RECORDS FOR THE EXERCISE ▸
▼
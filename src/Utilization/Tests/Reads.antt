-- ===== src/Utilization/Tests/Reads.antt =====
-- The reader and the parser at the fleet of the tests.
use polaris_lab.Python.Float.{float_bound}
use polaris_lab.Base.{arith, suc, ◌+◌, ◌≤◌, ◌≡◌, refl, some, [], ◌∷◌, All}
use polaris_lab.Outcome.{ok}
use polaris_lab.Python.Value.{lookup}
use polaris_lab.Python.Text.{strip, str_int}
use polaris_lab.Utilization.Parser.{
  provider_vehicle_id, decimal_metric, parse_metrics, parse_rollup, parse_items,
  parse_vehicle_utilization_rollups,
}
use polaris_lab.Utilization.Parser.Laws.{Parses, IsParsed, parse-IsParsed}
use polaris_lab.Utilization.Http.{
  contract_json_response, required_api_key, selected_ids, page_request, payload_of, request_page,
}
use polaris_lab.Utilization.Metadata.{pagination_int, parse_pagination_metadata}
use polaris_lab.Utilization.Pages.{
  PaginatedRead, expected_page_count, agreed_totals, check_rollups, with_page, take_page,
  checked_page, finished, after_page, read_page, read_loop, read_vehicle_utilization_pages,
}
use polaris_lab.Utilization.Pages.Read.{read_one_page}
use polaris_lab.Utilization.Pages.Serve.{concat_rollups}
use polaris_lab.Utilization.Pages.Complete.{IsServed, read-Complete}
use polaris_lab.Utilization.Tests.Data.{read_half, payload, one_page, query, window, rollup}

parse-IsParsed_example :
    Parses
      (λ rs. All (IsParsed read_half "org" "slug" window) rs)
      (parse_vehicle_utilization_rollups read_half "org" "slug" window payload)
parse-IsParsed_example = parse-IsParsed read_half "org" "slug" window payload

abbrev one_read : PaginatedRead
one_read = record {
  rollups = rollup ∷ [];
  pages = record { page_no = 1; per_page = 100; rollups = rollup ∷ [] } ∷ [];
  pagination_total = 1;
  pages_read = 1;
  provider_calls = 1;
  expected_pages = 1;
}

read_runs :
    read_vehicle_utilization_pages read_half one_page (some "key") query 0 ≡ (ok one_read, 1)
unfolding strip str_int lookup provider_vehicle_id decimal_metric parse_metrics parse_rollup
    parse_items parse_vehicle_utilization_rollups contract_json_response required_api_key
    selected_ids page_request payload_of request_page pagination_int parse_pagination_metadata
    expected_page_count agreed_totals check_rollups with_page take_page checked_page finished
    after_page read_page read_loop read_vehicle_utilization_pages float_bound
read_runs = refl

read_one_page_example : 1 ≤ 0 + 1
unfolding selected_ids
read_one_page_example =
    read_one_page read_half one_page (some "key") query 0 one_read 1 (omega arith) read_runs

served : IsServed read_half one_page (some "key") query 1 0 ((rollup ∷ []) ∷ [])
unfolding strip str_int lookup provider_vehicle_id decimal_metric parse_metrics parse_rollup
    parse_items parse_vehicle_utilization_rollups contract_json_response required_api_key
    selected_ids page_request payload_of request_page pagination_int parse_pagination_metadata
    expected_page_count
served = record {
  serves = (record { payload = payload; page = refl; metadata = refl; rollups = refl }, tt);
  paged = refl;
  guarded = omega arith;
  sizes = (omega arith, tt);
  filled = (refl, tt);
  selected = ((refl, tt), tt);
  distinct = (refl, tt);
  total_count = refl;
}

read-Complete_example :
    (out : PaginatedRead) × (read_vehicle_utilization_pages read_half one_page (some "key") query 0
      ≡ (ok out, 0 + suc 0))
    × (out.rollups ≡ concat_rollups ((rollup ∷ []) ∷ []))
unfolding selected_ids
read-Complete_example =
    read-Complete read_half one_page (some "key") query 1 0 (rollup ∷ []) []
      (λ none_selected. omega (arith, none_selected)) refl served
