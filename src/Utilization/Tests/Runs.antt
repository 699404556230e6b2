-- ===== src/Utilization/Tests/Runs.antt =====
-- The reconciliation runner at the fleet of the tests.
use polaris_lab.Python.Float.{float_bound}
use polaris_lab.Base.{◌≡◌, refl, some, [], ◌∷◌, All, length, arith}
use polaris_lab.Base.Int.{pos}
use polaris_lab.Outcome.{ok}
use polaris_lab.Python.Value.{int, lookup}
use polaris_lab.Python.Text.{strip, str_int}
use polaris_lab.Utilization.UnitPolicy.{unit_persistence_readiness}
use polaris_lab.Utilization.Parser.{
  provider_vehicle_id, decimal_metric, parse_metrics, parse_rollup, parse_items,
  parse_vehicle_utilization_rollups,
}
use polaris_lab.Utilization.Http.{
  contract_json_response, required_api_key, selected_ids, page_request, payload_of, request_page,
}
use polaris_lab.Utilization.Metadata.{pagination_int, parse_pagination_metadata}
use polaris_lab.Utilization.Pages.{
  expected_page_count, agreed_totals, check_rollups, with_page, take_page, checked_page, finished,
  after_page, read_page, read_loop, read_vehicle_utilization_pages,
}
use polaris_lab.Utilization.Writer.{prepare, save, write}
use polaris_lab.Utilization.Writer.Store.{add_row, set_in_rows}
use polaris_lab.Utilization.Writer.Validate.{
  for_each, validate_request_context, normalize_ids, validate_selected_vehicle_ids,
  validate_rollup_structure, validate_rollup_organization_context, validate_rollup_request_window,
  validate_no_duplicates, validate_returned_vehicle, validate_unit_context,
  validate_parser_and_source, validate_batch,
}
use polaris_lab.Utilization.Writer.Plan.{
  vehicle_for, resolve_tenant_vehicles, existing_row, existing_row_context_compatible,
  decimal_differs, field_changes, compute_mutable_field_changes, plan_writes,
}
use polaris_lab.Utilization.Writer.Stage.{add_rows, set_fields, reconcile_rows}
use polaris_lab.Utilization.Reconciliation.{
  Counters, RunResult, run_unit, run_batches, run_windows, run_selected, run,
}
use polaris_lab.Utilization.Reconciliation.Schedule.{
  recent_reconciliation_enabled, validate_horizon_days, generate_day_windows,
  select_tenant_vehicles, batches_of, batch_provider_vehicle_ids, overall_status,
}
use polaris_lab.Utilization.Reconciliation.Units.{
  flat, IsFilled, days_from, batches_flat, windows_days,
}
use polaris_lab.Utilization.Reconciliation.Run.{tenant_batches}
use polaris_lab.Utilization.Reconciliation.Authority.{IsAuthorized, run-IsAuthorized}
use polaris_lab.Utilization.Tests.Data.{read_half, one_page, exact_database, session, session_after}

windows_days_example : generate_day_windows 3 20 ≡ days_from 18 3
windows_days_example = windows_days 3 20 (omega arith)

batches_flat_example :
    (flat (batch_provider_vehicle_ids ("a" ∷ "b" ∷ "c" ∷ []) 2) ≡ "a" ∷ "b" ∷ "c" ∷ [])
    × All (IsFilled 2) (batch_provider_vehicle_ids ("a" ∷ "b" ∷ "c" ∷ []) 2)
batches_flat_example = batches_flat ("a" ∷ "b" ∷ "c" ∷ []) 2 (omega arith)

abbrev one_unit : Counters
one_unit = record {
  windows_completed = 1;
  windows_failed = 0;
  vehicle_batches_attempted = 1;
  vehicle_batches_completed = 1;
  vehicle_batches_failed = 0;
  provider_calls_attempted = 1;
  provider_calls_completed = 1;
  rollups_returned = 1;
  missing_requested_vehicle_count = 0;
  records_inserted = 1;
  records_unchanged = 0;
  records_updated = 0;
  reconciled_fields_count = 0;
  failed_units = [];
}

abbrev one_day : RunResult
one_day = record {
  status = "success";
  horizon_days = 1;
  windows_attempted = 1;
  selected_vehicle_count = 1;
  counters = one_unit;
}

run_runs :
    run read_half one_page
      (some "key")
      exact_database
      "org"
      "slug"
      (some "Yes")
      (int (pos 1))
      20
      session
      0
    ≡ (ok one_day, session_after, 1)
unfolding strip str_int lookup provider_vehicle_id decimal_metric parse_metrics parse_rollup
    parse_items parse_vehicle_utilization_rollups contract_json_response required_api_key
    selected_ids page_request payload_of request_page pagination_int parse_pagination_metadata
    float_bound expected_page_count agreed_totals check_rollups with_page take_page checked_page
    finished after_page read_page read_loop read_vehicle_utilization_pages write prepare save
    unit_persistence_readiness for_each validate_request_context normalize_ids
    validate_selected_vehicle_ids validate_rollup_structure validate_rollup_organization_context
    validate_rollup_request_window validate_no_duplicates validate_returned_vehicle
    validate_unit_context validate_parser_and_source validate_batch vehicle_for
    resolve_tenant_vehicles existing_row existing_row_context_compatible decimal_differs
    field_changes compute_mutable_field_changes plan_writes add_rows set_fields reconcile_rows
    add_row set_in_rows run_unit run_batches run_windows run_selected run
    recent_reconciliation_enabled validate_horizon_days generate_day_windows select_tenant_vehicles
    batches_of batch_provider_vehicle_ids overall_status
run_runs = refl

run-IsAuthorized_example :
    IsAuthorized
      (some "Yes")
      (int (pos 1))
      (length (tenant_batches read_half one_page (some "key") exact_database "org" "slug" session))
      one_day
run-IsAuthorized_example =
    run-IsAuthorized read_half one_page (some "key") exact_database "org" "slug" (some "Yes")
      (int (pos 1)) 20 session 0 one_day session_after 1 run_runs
▲
▼
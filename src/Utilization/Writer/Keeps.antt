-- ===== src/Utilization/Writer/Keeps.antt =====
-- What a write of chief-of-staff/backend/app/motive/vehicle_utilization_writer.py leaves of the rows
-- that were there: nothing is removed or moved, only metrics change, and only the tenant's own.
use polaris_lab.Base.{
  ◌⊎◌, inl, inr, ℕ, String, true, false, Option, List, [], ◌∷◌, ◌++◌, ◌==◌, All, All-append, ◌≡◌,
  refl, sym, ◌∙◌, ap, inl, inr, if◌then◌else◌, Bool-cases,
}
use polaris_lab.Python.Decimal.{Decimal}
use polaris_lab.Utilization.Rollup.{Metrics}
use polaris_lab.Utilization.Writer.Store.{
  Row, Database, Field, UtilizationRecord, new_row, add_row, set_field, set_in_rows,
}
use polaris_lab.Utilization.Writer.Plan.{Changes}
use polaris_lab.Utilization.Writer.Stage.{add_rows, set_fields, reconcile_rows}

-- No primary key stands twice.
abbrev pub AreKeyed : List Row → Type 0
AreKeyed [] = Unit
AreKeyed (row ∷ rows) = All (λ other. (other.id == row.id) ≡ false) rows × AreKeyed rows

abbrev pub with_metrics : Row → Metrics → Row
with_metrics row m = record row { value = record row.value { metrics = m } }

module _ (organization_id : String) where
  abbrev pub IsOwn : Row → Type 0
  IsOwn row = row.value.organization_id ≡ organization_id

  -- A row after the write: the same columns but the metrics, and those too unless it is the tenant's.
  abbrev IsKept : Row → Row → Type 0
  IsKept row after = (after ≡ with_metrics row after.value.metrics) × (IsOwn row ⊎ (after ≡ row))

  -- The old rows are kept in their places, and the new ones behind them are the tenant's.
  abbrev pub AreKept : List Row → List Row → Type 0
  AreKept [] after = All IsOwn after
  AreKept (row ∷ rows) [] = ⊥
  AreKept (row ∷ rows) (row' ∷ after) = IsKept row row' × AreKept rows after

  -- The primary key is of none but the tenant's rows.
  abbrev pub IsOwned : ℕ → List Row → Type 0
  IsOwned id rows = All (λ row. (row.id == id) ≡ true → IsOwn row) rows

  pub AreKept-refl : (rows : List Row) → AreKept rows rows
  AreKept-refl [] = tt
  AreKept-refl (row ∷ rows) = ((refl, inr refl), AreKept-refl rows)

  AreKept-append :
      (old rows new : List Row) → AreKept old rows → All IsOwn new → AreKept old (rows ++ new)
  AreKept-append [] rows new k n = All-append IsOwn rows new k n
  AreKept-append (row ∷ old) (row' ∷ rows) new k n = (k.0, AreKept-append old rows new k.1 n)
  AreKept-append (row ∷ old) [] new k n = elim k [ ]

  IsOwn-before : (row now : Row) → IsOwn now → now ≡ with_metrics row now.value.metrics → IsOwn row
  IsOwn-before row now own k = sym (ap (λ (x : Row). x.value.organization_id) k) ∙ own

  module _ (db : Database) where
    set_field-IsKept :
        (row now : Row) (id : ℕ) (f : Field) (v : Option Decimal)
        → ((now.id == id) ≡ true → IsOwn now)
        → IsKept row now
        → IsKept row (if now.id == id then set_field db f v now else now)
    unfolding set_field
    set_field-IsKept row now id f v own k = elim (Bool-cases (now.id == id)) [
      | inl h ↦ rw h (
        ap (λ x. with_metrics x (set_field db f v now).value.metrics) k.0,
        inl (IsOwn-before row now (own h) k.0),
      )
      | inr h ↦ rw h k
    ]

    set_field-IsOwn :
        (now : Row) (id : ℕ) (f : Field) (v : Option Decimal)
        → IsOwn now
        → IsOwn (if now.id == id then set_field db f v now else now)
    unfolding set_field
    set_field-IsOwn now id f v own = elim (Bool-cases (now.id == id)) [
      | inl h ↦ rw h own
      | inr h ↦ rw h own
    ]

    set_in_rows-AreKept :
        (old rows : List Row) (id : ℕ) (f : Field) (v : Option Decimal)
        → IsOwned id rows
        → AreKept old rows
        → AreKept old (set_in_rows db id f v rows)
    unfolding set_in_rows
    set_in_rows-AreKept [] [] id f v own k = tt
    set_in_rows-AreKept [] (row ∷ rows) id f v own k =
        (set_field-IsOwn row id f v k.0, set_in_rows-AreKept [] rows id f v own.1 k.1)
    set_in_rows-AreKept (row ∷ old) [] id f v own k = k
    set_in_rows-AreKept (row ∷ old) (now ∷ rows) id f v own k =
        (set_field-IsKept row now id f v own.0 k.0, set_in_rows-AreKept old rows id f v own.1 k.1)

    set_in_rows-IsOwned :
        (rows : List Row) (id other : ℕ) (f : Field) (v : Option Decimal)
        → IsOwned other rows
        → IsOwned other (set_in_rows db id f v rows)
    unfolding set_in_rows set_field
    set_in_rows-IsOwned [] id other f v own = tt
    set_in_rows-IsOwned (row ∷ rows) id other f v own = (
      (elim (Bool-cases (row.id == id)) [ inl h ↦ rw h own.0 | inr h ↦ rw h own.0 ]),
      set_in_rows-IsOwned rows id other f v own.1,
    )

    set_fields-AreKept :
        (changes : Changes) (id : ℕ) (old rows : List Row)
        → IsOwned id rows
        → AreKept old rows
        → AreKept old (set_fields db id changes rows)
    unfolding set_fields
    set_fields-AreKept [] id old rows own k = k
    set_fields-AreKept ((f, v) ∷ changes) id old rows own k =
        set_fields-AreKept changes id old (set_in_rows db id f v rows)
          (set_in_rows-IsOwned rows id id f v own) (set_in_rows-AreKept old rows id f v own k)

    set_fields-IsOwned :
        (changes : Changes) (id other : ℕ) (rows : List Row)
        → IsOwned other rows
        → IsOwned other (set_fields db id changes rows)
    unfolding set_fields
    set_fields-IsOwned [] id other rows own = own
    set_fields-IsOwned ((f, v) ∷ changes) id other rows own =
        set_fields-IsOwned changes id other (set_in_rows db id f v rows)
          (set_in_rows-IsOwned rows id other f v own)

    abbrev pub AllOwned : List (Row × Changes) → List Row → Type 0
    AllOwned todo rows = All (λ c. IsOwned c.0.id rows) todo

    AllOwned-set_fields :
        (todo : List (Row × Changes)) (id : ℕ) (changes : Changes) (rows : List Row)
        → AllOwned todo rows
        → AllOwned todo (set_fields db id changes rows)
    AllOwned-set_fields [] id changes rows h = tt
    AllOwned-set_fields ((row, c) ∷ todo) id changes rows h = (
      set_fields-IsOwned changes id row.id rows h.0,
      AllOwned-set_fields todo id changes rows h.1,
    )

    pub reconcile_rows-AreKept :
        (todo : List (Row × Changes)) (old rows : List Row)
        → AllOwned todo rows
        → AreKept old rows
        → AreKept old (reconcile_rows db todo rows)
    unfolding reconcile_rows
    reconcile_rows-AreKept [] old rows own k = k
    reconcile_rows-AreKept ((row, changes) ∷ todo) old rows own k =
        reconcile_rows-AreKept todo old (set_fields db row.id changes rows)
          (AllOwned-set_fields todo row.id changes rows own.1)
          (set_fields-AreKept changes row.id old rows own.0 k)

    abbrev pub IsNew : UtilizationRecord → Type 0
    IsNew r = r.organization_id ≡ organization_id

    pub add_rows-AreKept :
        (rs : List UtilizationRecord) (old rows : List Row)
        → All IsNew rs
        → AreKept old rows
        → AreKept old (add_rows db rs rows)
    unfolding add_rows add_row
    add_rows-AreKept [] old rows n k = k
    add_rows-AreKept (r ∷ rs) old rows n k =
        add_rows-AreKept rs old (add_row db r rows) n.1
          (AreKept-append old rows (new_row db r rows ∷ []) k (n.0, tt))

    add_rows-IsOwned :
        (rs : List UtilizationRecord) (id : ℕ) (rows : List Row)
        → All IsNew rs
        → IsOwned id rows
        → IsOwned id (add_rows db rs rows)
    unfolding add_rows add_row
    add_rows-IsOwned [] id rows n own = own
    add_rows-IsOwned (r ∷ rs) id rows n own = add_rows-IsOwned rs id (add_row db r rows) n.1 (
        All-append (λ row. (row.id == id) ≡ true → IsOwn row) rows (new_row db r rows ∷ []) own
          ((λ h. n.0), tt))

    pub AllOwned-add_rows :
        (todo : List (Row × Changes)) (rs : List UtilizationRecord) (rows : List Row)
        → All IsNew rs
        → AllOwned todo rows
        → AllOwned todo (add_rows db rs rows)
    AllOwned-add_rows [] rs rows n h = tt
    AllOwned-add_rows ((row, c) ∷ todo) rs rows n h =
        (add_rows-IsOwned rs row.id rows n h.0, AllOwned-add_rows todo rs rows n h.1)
▲
▼
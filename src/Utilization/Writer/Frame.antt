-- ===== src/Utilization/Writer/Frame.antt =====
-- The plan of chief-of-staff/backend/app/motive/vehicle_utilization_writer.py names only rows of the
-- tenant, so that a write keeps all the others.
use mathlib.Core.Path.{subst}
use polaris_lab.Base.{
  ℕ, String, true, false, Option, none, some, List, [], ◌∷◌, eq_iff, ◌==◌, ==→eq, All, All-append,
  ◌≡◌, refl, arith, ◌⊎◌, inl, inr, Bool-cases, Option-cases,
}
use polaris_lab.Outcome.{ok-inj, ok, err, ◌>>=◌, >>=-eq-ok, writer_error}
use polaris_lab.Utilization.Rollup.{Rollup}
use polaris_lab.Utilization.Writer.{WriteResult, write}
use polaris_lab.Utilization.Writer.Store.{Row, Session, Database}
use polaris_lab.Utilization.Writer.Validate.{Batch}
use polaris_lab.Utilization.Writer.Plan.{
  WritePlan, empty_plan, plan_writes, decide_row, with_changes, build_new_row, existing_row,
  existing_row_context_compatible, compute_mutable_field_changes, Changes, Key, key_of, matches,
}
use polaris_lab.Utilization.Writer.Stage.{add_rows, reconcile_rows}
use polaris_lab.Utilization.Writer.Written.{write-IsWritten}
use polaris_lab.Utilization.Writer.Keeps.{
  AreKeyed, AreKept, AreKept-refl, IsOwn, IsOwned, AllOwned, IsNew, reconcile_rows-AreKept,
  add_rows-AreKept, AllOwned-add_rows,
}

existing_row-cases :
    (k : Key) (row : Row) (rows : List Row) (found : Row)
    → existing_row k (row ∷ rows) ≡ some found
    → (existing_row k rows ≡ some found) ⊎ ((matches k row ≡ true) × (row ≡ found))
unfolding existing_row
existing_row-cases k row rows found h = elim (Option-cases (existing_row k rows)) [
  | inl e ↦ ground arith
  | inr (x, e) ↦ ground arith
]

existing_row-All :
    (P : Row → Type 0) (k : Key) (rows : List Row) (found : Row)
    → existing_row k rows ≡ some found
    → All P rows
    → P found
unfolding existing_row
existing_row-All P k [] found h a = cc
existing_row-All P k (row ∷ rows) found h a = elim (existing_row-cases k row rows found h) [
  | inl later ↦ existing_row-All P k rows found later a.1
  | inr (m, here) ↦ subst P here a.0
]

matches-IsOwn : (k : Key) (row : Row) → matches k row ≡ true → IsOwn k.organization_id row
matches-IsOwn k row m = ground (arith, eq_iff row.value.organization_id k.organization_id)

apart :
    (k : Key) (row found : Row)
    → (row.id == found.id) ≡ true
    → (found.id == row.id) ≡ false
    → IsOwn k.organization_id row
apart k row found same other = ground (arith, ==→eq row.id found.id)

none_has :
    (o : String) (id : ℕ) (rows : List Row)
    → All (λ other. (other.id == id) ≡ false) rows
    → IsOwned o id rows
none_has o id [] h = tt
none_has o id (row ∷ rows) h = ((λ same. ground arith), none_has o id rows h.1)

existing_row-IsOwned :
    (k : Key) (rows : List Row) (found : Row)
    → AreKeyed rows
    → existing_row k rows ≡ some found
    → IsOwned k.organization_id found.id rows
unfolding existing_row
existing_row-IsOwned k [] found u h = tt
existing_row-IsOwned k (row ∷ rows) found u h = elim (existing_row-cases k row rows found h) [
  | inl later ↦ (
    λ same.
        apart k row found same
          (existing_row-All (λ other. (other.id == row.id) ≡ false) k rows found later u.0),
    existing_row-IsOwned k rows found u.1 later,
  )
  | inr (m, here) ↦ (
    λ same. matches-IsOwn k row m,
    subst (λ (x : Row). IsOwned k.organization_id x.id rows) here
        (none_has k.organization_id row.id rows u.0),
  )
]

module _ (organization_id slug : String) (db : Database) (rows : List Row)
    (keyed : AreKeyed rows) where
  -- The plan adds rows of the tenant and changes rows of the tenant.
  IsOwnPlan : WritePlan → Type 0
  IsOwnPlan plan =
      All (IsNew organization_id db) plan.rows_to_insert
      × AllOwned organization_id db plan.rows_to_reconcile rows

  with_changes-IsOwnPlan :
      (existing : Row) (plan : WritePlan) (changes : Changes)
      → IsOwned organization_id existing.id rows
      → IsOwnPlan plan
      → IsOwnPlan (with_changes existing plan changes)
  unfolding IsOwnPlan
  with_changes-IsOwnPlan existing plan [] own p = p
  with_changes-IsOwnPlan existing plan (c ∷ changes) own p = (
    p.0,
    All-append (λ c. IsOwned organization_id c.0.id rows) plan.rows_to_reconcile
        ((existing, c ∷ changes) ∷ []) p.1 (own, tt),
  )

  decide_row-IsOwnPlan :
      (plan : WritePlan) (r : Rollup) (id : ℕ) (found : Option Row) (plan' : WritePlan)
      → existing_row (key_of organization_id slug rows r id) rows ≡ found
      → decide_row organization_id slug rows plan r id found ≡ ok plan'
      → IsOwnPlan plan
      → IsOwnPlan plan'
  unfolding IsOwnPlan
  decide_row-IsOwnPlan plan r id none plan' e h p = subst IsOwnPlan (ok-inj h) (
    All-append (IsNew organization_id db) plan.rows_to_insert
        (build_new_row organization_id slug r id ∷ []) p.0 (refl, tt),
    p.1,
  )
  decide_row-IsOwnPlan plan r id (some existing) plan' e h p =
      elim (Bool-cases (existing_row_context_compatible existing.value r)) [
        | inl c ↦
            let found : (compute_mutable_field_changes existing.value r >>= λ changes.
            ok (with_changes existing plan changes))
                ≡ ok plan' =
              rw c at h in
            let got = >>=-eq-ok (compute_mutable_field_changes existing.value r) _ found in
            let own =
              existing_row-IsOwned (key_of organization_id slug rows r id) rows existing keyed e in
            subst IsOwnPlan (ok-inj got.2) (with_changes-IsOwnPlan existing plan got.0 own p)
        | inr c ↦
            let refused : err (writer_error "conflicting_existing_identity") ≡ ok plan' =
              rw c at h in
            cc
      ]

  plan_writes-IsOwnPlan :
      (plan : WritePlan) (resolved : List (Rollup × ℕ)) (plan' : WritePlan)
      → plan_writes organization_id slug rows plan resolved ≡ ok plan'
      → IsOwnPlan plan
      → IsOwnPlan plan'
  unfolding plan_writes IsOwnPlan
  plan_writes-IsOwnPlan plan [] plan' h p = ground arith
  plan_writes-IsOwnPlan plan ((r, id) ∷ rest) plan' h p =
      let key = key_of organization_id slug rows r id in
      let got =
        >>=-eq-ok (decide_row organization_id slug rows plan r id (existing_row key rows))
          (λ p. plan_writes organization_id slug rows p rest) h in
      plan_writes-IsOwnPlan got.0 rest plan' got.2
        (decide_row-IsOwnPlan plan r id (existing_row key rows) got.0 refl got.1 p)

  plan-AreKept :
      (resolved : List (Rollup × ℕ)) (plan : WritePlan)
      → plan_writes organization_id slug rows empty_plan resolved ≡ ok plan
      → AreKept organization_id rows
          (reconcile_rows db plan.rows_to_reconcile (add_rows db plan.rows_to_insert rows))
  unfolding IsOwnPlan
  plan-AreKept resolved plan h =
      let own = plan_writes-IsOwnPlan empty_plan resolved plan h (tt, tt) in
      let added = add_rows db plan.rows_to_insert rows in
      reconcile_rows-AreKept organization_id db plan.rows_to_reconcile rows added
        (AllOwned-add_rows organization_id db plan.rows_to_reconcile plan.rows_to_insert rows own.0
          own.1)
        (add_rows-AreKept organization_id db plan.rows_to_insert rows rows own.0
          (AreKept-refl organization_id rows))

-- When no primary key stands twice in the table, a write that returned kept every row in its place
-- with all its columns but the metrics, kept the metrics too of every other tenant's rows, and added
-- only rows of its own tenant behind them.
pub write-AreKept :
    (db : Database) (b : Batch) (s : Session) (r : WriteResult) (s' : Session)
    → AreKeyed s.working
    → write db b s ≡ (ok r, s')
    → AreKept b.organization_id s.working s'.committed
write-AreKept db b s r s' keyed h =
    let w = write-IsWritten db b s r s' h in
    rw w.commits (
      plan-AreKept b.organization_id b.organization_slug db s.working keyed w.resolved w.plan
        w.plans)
▲
WORK INSTRUCTION ▸ The response should hold exactly the lines starting at the line with "(length (tenant_batches read_half" and ending at the line with "(int (pos 1)) 20", and no other line of the material above.

WRITTEN ANSWER ▸
      (length (tenant_batches read_half one_page (some "key") exact_database "org" "slug" session))
      one_day
run-IsAuthorized_example =
    run-IsAuthorized read_half one_page (some "key") exact_database "org" "slug" (some "Yes")
      (int (pos 1)) 20 session 0 one_day session_after 1 run_runs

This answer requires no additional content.